### What needs to be done
In the material below, find every line containing the string "reassign" and return it.

### Task material
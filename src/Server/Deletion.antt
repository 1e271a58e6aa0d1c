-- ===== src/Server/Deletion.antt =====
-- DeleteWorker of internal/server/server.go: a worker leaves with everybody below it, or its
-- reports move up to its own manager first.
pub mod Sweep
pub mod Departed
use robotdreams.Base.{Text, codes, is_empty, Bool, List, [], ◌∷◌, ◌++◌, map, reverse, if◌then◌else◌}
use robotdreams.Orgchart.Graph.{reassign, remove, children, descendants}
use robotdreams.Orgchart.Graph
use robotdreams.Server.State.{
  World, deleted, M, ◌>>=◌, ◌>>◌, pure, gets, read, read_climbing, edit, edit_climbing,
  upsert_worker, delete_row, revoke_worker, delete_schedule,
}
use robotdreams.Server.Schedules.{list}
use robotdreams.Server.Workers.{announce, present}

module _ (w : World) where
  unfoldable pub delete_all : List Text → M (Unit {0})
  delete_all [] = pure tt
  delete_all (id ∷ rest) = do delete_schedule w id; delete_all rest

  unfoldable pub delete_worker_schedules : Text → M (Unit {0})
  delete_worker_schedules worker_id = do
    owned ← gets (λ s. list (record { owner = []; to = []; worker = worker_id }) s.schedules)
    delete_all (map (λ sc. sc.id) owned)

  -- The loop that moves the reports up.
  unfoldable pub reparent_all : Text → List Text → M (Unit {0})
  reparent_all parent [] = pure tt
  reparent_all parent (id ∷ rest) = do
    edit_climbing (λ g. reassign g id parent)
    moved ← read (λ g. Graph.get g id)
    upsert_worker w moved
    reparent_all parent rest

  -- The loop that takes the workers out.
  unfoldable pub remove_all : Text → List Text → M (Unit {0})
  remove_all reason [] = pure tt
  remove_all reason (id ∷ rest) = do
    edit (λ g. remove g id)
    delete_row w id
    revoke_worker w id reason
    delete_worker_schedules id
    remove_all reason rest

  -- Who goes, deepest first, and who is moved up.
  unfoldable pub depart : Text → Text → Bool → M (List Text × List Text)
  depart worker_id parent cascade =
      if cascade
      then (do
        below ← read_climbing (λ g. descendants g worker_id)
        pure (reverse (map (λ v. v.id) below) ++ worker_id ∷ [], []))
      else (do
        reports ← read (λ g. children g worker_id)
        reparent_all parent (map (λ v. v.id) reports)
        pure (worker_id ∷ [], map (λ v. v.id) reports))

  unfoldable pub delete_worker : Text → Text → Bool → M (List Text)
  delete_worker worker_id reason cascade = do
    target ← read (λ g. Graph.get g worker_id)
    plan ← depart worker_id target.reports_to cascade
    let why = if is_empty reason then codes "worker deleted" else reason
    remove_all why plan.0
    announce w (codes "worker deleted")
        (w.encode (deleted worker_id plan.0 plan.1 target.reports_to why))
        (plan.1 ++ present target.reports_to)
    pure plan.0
==
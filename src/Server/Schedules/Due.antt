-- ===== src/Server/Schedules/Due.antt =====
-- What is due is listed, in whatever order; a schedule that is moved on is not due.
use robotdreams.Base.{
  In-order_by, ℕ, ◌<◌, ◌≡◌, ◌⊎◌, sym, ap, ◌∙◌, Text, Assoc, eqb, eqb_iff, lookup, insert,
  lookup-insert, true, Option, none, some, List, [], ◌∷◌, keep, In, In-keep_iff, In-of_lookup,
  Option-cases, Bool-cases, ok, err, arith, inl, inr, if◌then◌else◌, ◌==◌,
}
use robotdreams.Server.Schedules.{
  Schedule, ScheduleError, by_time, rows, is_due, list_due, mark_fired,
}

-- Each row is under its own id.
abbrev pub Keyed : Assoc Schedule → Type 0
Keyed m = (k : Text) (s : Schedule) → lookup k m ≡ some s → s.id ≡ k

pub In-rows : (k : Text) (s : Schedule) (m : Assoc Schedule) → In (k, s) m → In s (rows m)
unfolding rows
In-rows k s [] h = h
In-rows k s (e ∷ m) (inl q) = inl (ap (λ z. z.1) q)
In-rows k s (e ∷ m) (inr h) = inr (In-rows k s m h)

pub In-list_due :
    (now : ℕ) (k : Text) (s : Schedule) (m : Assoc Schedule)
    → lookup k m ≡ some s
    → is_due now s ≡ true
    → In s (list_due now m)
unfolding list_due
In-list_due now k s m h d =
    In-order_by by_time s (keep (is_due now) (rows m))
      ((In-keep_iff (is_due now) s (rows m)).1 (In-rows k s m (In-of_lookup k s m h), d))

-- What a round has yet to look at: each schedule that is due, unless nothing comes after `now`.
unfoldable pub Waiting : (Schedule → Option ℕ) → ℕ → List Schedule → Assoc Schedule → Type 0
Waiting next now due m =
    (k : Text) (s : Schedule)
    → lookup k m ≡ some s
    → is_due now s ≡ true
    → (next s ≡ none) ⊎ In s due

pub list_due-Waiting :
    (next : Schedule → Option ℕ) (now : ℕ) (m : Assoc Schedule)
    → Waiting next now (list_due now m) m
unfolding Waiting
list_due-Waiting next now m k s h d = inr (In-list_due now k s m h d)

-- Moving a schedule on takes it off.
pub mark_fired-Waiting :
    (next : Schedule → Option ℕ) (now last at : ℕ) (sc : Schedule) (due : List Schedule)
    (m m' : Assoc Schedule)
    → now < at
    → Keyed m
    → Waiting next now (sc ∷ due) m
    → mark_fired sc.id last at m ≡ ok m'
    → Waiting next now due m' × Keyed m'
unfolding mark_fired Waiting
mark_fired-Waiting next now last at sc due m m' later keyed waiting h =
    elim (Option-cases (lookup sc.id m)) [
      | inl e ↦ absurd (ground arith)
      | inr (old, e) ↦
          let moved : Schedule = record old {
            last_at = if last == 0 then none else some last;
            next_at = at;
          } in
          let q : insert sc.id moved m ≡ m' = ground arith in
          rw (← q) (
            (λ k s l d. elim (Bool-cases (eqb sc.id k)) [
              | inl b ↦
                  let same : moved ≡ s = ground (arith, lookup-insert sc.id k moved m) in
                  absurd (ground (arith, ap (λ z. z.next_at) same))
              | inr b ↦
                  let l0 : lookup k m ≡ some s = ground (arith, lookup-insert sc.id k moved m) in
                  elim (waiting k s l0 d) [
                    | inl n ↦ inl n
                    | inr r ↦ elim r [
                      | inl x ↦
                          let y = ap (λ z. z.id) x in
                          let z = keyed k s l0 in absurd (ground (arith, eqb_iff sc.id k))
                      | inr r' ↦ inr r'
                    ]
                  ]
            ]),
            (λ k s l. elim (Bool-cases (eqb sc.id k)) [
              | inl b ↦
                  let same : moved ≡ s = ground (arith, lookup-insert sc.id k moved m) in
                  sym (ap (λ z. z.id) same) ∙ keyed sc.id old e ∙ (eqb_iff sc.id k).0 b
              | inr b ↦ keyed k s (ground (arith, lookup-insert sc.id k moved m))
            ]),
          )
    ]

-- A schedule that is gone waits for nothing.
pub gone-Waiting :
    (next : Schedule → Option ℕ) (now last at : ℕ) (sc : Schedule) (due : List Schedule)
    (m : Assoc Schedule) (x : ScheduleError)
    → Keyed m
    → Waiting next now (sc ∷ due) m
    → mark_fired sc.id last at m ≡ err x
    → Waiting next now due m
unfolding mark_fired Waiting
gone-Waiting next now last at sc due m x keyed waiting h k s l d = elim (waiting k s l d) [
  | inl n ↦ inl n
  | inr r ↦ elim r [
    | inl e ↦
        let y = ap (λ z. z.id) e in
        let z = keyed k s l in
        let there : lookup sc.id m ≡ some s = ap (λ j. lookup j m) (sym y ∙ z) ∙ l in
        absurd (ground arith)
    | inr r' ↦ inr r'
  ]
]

### Answer to the problem
use robotdreams.Orgchart.Graph.{reassign, remove, children, descendants}
    edit_climbing (λ g. reassign g id parent)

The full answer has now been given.